It is of some interest that release often occurred and the animal swam with-out the oral disk being expanded. This was due to the fact that the sphincter still was in a state of contraction, but it was also true of some individuals that had been stimulated while in the relaxed and expanded state. In the extension stage of the reaction such animals elongated but did not expose the oral disk. This did not seem to alter the reaction beyond changing the appearance of the anemone.

In experiments involving electrical stimulation of S. coccínea, the animals were stimulated by non-polarizable electrodes placed in contact with the base of the column. This enabled repeated stimuli to be given without the animal withdrawing from contact with the electrodes. The threshold was determined to be between 2 and 3 volts. All the stimuli were given at 6 volts for 50 ms at various frequencies, controlled by means of a Grass stimulator. The responses to these stimuli were recorded on a slow-moving kymograph drum by an isotonic lever attached to the oral disk of the specimens by means of a cotton thread and glass hook. Thus it is primarily the actions of the longitudinal muscles of the septa that are recorded in fig. 6.

FIG. 6.

Facilitation in S. coccinea. Note lack of response to first stimulus, and ‘staircase’ resulting from succeeding stimuli. Drawn from kymograph records.

FIG. 6.

Facilitation in S. coccinea. Note lack of response to first stimulus, and ‘staircase’ resulting from succeeding stimuli. Drawn from kymograph records.

Facilitation (Pantin, 1935 a, b, c;Hall and Pantin, 1937; Ross and Pantin, 1940; Ross, 1946 a, b, 1952, 1955; and Pantin and Passano, 1954) was ex-hibited when a series of stimuli was given at 1-sec intervals. The first stimulus produced no response, but each succeeding stimulus caused an increase in contraction up to the point at which the animal was maximally contracted.

It was found that the various stages of the swimming reaction could be demonstrated with suitable electrical stimulation. Stimulated with impulses of 6-volt intensity at a frequency of 1 per sec, the following reactions were observed:

2 shocks: incomplete contraction.

4 shocks: all but the tips of a few tentacles retracted.

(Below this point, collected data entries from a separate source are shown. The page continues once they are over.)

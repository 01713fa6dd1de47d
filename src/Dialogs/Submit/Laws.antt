-- ===== src/Dialogs/Submit/Laws.antt =====
-- What the buttons send, against the row that a dialog was opened for.
use chat_bot_hub.Prelude.{
  String, str_eq, eq_iff, ◌<>◌, true, ◌≡◌, refl, Option, none, some, List, [], ◌∷◌, Object, get,
  assign, get-assign, ap, sym, ◌∙◌, arith, if◌then◌else◌,
}
use chat_bot_hub.Js.{Value, undefined, str, end, get_field}
use chat_bot_hub.Service.{
  Location, build_url, urls, extend, build_model, Call, call, type_error, build_promise,
}
use chat_bot_hub.Service.Urls.{has, call-build_model_res_id}
use chat_bot_hub.Dialogs.{Dialog, edit_bot, edit_filter, edit_ft_suite, show_wechat_login, lists}
use chat_bot_hub.Dialogs.Submit.{
  Data, value, text_of, params_of, pick, resolved, bot_fields, filter_fields, suite_fields, Opened,
  opened, typed, save, login, wechat_login, row_action, close, Sent,
}

-- The property that a text is bound to after all that was typed.
unfoldable pub last_typed : Object String → String → Option String → Option String
last_typed [] name old = old
last_typed ((key, s) ∷ edits) name old =
    last_typed edits name (if str_eq key name then some s else old)

value-assign :
    (o : Data) (key name : String) (s : String)
    → value (assign o key (some s)) name ≡ (if str_eq key name then some s else value o name)
unfolding value
value-assign o key name s = ground (arith, get-assign o key name (some s))

value-typed :
    (edits : Object String) (o : Opened) (name : String)
    → value (typed edits o).data_ name ≡ last_typed edits name (value o.data_ name)
unfolding typed last_typed
value-typed [] o name = refl
value-typed ((key, s) ∷ edits) o name =
    value-typed edits (record o { data_ = assign o.data_ key (some s) }) name
    ∙ ap (last_typed edits name) (value-assign o.data_ key name s)

url-typed : (edits : Object String) (o : Opened) → (typed edits o).url ≡ o.url
unfolding typed
url-typed [] o = refl
url-typed ((key, s) ∷ edits) o = url-typed edits (record o { data_ = assign o.data_ key (some s) })

value-pick :
    (value_of : String → Option String) (names : List String) (name : String)
    → value (pick value_of names) name ≡ (if lists names name then value_of name else none)
unfolding value pick get lists
value-pick f [] name = refl
value-pick f (n ∷ names) name =
    let same : str_eq n name ≡ true → f n ≡ f name = λ h. ap f ((eq_iff n name).0 h) in
    ground (arith, value-pick f names name, same)

-- The three dialogs that edit a row.
pub data Editor : Type 0 where
  bot filter suite : Editor

abbrev pub dialog : Editor → Dialog
dialog bot = edit_bot
dialog filter = edit_filter
dialog suite = edit_ft_suite

-- The collection of the server, and the property that identifies a row in it.
abbrev pub collection : Editor → String
collection bot = "/bots/"
collection filter = "/filters/"
collection suite = "/filtertemplatesuites/"

abbrev pub identity : Editor → String
identity bot = "botId"
identity filter = "filterId"
identity suite = "id"

abbrev pub edited : Editor → List String
edited bot = bot_fields
edited filter = filter_fields
edited suite = suite_fields

abbrev pub editing : Editor → Data → Opened
editing e row = opened (dialog e) (resolved (dialog e) row)

editing_lem :
    (e : Editor) (row : Data) (name : String)
    → ((editing e row).url ≡ collection e <> text_of (value row (identity e)))
      × (value (editing e row).data_ name
          ≡ (if lists (edited e) name then value row name else none))
unfolding opened resolved
editing_lem bot row name = (refl, value-pick (value row) bot_fields name)
editing_lem filter row name = (refl, value-pick (value row) filter_fields name)
editing_lem suite row name = (refl, value-pick (value row) suite_fields name)

abbrev put : Data → String → Sent
put body url = record { method = "PUT"; url = url; body = some body }

-- The data of an editor after all that was typed.
pub value-typed-editing :
    (e : Editor) (row : Data) (edits : Object String) (name : String)
    → value (typed edits (editing e row)).data_ name
      ≡ last_typed edits name (if lists (edited e) name then value row name else none)
value-typed-editing e row edits name =
    value-typed edits (editing e row) name ∙ ap (last_typed edits name) ((editing_lem e row name).1)

-- Whatever was typed in an editor, a save puts one body to the url of the row that it was opened
-- for, even if the row's identity was edited; the body has for each name the text that was typed
-- last, or else the row's value if it is a property of the editor; and the dialog is dismissed.
pub save-typed :
    (e : Editor) (row : Data) (edits : Object String)
    → (body : Data) × ((save (typed edits (editing e row))).1 ≡ record {
      method = "PUT";
      url = collection e <> text_of (value row (identity e));
      body = some body;
    })
      × ((name : String)
          → value body name
            ≡ last_typed edits name (if lists (edited e) name then value row name else none))
      × ((save (typed edits (editing e row))).0.dismissed ≡ true)
unfolding save close
save-typed e row edits =
    let shown : Opened = typed edits (editing e row) in
    (
      shown.data_,
      ap (put shown.data_) (url-typed edits (editing e row) ∙ (editing_lem e row "").0),
      value-typed-editing e row edits,
      refl,
    )

value_params : (o : Data) (name : String) → Value
value_params o name = elim (value o name) [ none ↦ undefined | some s ↦ str s ]

get_field-params_of :
    (o : Data) (name : String) → get_field (params_of o) name ≡ value_params o name
unfolding get_field params_of value_params value get
get_field-params_of [] name = refl
get_field-params_of ((key, none) ∷ o) name = ground (arith, get_field-params_of o name)
get_field-params_of ((key, some s) ∷ o) name = ground (arith, get_field-params_of o name)

abbrev login_data : Data → Data
login_data row =
    ("clientId", value row "clientId")
    ∷ ("botId", value row "botId")
    ∷ ("clientType", some "WECHATBOT")
    ∷ []

same_login :
    (row : Data) (name : String)
    → value row "clientType" ≡ some "WECHATBOT"
    → value (login_data row) name
      ≡ value (pick (value row) ("clientId" ∷ "clientType" ∷ "botId" ∷ [])) name
unfolding value get pick
same_login row name h =
    ground (arith, h, eq_iff "clientId" name, eq_iff "clientType" name, eq_iff "botId" name)

-- For a row of a WECHATBOT, the login of the untouched dialog makes the same request as the direct
-- login of the row, up to the order of the parameters.
pub login-wechat_login :
    (loc : Location) (row : Data)
    → value row "clientType" ≡ some "WECHATBOT"
    → (dialog_call row_call : Call) × ((login loc
          (opened show_wechat_login (resolved show_wechat_login row))).1
        ≡ some dialog_call)
      × (wechat_login loc row ≡ some row_call)
      × (dialog_call.method ≡ row_call.method)
      × (dialog_call.url ≡ row_call.url)
      × ((name : String) → get_field dialog_call.defaults name ≡ get_field row_call.defaults name)
unfolding login wechat_login call build_model extend get opened resolved value_params
login-wechat_login loc row h = (
  _,
  _,
  refl,
  refl,
  refl,
  refl,
  λ name.
      get_field-params_of (login_data row) name
      ∙ ap (λ (v : Option String). elim v [ none ↦ undefined | some s ↦ str s ])
          (same_login row name h)
      ∙ sym
          (get_field-params_of (pick (value row) ("clientId" ∷ "clientType" ∷ "botId" ∷ [])) name),
)

-- Each action of a row posts to the row's url followed by the action's, and then throws a
-- TypeError, because `buildPromise` is given what the call returned and not the resource.
pub row_action_lem :
    (loc : Location) (action : String) (row : Data)
    → ((row_action loc action row).0
        ≡ some (record {
          method = "POST";
          url = some (build_url loc "bots" <> "/" <> (text_of (value row "botId") <> action));
          defaults = end;
          params = end;
        }))
      × ((row_action loc action row).1 ≡ type_error)
unfolding row_action build_promise has urls
row_action_lem loc action row =
    ((call-build_model_res_id loc "bots" (text_of (value row "botId") <> action) end end).1, refl)
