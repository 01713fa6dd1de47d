-- ===== src/Dialogs/Tests.antt =====
-- The dialogs at concrete rows.
use chat_bot_hub.Prelude.{
  String, ◌<>◌, true, ◌≡◌, refl, none, some, [], ◌∷◌, get, Object, if◌then◌else◌,
}
use chat_bot_hub.Dialogs.{lists}
use chat_bot_hub.Dialogs.Submit.{Data, value, text_of, opened, resolved, typed, save}
use chat_bot_hub.Dialogs.Submit.Laws.{last_typed, filter, editing, edited, save-typed}

abbrev row : Data
row =
    ("filterId", some "f1")
    ∷ ("name", some "greeting")
    ∷ ("botId", some "b1")
    ∷ ("clientId", some "c1")
    ∷ ("clientType", some "WECHATBOT")
    ∷ []

abbrev edits : Object String
edits = ("name", "hello") ∷ ("filterId", "f2") ∷ []

saved_url : (save (typed edits (editing filter row))).1.url ≡ "/filters/f1"
unfolding save typed opened resolved value text_of get
saved_url = refl

save-typed_example :
    (body : Data) × ((save (typed edits (editing filter row))).1 ≡ record {
      method = "PUT";
      url = "/filters/" <> text_of (value row "filterId");
      body = some body;
    })
    × ((name : String)
        → value body name
          ≡ last_typed edits name (if lists (edited filter) name then value row name else none))
    × ((save (typed edits (editing filter row))).0.dismissed ≡ true)
save-typed_example = save-typed filter row edits

is_wechat : value row "clientType" ≡ some "WECHATBOT"
unfolding value get
is_wechat = refl
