-- ===== src/Feedback.antt =====
-- The services of frontend/static/app/common/services that tell the user something: the messages of
-- toastr.service.js, the overlays of block.service.js, and the uploads of upload-request.service.js.
-- The widgets behind them are third-party.
pub mod Toasts
pub mod Uploads
pub mod Blocks
mod Tests
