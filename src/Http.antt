-- ===== src/Http.antt =====
-- The HTTP interceptors of frontend/static/app/app.config.js: the queue of pending requests, the
-- blocked elements, and the error messages. Calls of `toastr`, `block`, `cfpLoadingBar`,
-- `$window` and `$timeout` are the effects that a handler lists, in order.
pub mod Queue
pub mod Blocking
pub mod Replay
pub mod Errors
mod Tests
use text.Mathlib.Text.{find?}
use chat_bot_hub.Prelude.{
  ℕ, zero, suc, ◌+◌, String, str_eq, Bool, true, false, not, ◌&&◌, Option, none, some, List, [],
  ◌∷◌, ◌++◌, leb, ◌==◌, if◌then◌else◌,
}

-- `config.params`, where it is given.
pub record Params : Type 0 where
  pub no_block : Bool
  pub block_id : Option String

pub record Config : Type 0 where
  pub url : String
  pub params : Option Params
  pub block_id : Option String

-- What a handler calls.
pub data Effect : Type 0 where
  toast_error : String → Effect
  complete_bar : Effect
  block_ui unblock_ui : String → Effect
  remove_token : Effect
  redirect_later : String → Effect
  rearm_later : Effect

-- The variables of the closure. The keys of `blockIdQueue` are a list without repetitions.
pub record Interceptor : Type 0 where
  pub is_show_error : Bool
  pub ajax_queue : List String
  pub block_ids : List String

abbrev pub fresh : Interceptor
fresh = record { is_show_error = true; ajax_queue = []; block_ids = [] }

unfoldable pub has_key : String → List String → Bool
has_key k [] = false
has_key k (j ∷ js) = if str_eq j k then true else has_key k js

-- `blockIdQueue[k] = 1`.
unfoldable pub add_key : String → List String → List String
add_key k [] = k ∷ []
add_key k (j ∷ js) = if str_eq j k then j ∷ js else j ∷ add_key k js

-- `url.indexOf('http') > -1`.
unfoldable pub has_http : String → Bool
has_http url = elim (find? url "http") [ none ↦ false | some _ ↦ true ]

-- `config.params && config.params.noBlock`.
abbrev pub no_block : Option Params → Bool
no_block none = false
no_block (some p) = p.no_block

-- The element to block: the one that is named, else the open dialog's body or the container. The
-- empty text counts as missing. `modals` is `$body.children('.modal').length`.
unfoldable pub block_target : Option Params → ℕ → String
block_target none modals = if modals == 0 then "#container" else "body"
block_target (some p) modals = elim p.block_id [
  | none ↦ if modals == 0 then "#container" else "body"
  | some id ↦ if str_eq id "" then (if modals == 0 then "#container" else "body") else id
]

-- The handler `request`.
unfoldable pub request : Interceptor → Config → ℕ → Interceptor × List Effect × Config
request s config modals =
    let id = block_target config.params modals in
    if has_http config.url && not (no_block config.params)
    then (
      record s { ajax_queue = s.ajax_queue ++ config.url ∷ []; block_ids = add_key id s.block_ids },
      block_ui id ∷ [],
      record config { block_id = some id },
    )
    else (s, [], config)

-- `queue.indexOf(url)`; `none` is -1.
unfoldable pub index_of : String → List String → Option ℕ
index_of url [] = none
index_of url (u ∷ us) =
    let later : Option ℕ = elim (index_of url us) [ none ↦ none | some i ↦ some (suc i) ] in
    if str_eq u url then some 0 else later

-- `queue.splice(i, 1)` at an index of the queue.
unfoldable pub splice : List String → ℕ → List String
splice [] i = []
splice (u ∷ us) zero = us
splice (u ∷ us) (suc i) = u ∷ splice us i

-- `queue.splice(-1, 1)`: a negative start counts from the end.
unfoldable pub splice_last : List String → List String
splice_last [] = []
splice_last (u ∷ []) = []
splice_last (u ∷ v ∷ us) = u ∷ splice_last (v ∷ us)

unfoldable pub dequeue : String → List String → List String
dequeue url q = elim (index_of url q) [ none ↦ splice_last q | some i ↦ splice q i ]

unfoldable pub unblock_all : List String → List Effect
unblock_all [] = []
unblock_all (id ∷ ids) = unblock_ui id ∷ unblock_all ids

unfoldable pub remove_block : Interceptor → Interceptor × List Effect
remove_block s = elim s.ajax_queue [
  | [] ↦ (record s { block_ids = [] }, unblock_all s.block_ids)
  | _ ∷ _ ↦ (s, [])
]

-- The handler `response`.
unfoldable pub response : Interceptor → String → Interceptor × List Effect
response s url = remove_block (record s { ajax_queue = dequeue url s.ajax_queue })

-- A rejection: none, with a missing or zero status, or with a status.
pub data Rejection : Type 0 where
  absent : Rejection
  no_status : Rejection
  minus_one : Rejection
  status : ℕ → Rejection

-- What `$q.reject` is given: the empty text, or the rejection itself.
pub data Rejected : Type 0 where
  empty_text : Rejected
  same : Rejection → Rejected

unfoldable pub show_error : Interceptor → String → Interceptor × List Effect
show_error s msg =
    if s.is_show_error
    then (record s { is_show_error = false }, toast_error msg ∷ rearm_later ∷ complete_bar ∷ [])
    else (s, [])

-- The branches on the status, once the queue is cleared.
unfoldable pub on_status : Interceptor → Rejection → Interceptor × List Effect × Rejected
on_status s (status zero) = let (t, shown) = show_error s "未知错误" in (t, shown, empty_text)
on_status s (status (suc n)) =
    let code = suc n in
    let (t, shown) = show_error s "找不到指定的url" in
    let (u, failed) = show_error s "服务器内部错误" in
    let (v, denied) = show_error s "未登录" in
    if code == 404
    then (t, shown, same (status code))
    else if leb 500 code
    then (u, failed, same (status code))
    else if code == 403
    then (v, denied ++ remove_token ∷ redirect_later "#/app/user/login" ∷ [], same (status code))
    else (s, [], same (status code))
on_status s minus_one = let (t, shown) = show_error s "请联系管理员,或没有网络" in (t, shown, same minus_one)
on_status s _ = let (t, shown) = show_error s "未知错误" in (t, shown, empty_text)

-- The handler `responseError`.
unfoldable pub response_error : Interceptor → Rejection → Interceptor × List Effect × Rejected
response_error s r =
    let (t, unblocked) = remove_block (record s { ajax_queue = [] }) in
    let (u, shown, rejected) = on_status t r in (u, unblocked ++ shown, rejected)

-- What happens to the interceptor: requests, answers, and the timer of `timeoutShowError`.
pub data Event : Type 0 where
  sent : Config → ℕ → Event
  answered : String → Event
  rejected : Rejection → Event
  rearmed : Event

unfoldable pub step : Interceptor → Event → Interceptor × List Effect
step s (sent config modals) = let (t, effects, c) = request s config modals in (t, effects)
step s (answered url) = response s url
step s (rejected r) = let (t, effects, q) = response_error s r in (t, effects)
step s rearmed = (record s { is_show_error = true }, [])

unfoldable pub run : Interceptor → List Event → Interceptor × List Effect
run s [] = (s, [])
run s (e ∷ es) = let (t, effects) = step s e in let (u, later) = run t es in (u, effects ++ later)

6 shocks: complete contraction followed by extension and a few waving; movements. A long interval occurred between each of the latter, whereas in the normal reaction to starfishes they usually follow one another immediately.

8 shocks: full contraction, extension, release, with or without the waving activity, and the animals swam actively. They also remained unresponsive for a short time at the termination of swimming.

In order to determine if the stimuli given in the experiments described above were the number required to produce the swimming response, the frequency was increased to 8 per sec, and a series of tests was run at r-to 8-sec periods of stimulation. The results of this increased frequency were no different from experiments in which shocks at 1 per sec were applied to the column of 5. coccinea; except that in one case, of the total of 6, the anemones swam after 9, instead of 8, sec of stimulation.

The animals photographed for this part of the study were placed in a large glass-walled aquarium supplied with running sea-water. The lighting was constant for the 3 to 4 h required for the photographic procedure, so that the only conditions that were varied were those noted in the experiments described below.

The time-lapse motion-pictures proved a valuable aid in studying the muscular activity of Stomphia. They demonstrate that the animals are in constant motion. The actions of undisturbed actinians, too slow to be other-wise detectable, involve continuous movement of the body-wall and tentacles and, every now and then, a retraction of the oral disk and/or contraction of the column.

Portions of two reels of time-lapse pictures showed especially interesting activities that were provoked by appropriate stimulation. In one case, the anemone being photographed was subjected to excessive heat caused by the arrangement of the lamps used in photography. As the temperature of the water rose, the activity of the animal increased greatly. This increase in activity took the form of convulsive contractions of the circular muscular system, lateral waving due to parieto-basilar activity, and repeated retraction and extension of the oral area, for which the retractors and sphincter muscle are responsible. The edge of the pedal disk was soon raised from the sub-stratum and the animal moved away from its original place of attachment. It finally re-attached itself some 60 cm distant, out of the direct rays of the lamps. The time required for this movement was 3 to 3I h.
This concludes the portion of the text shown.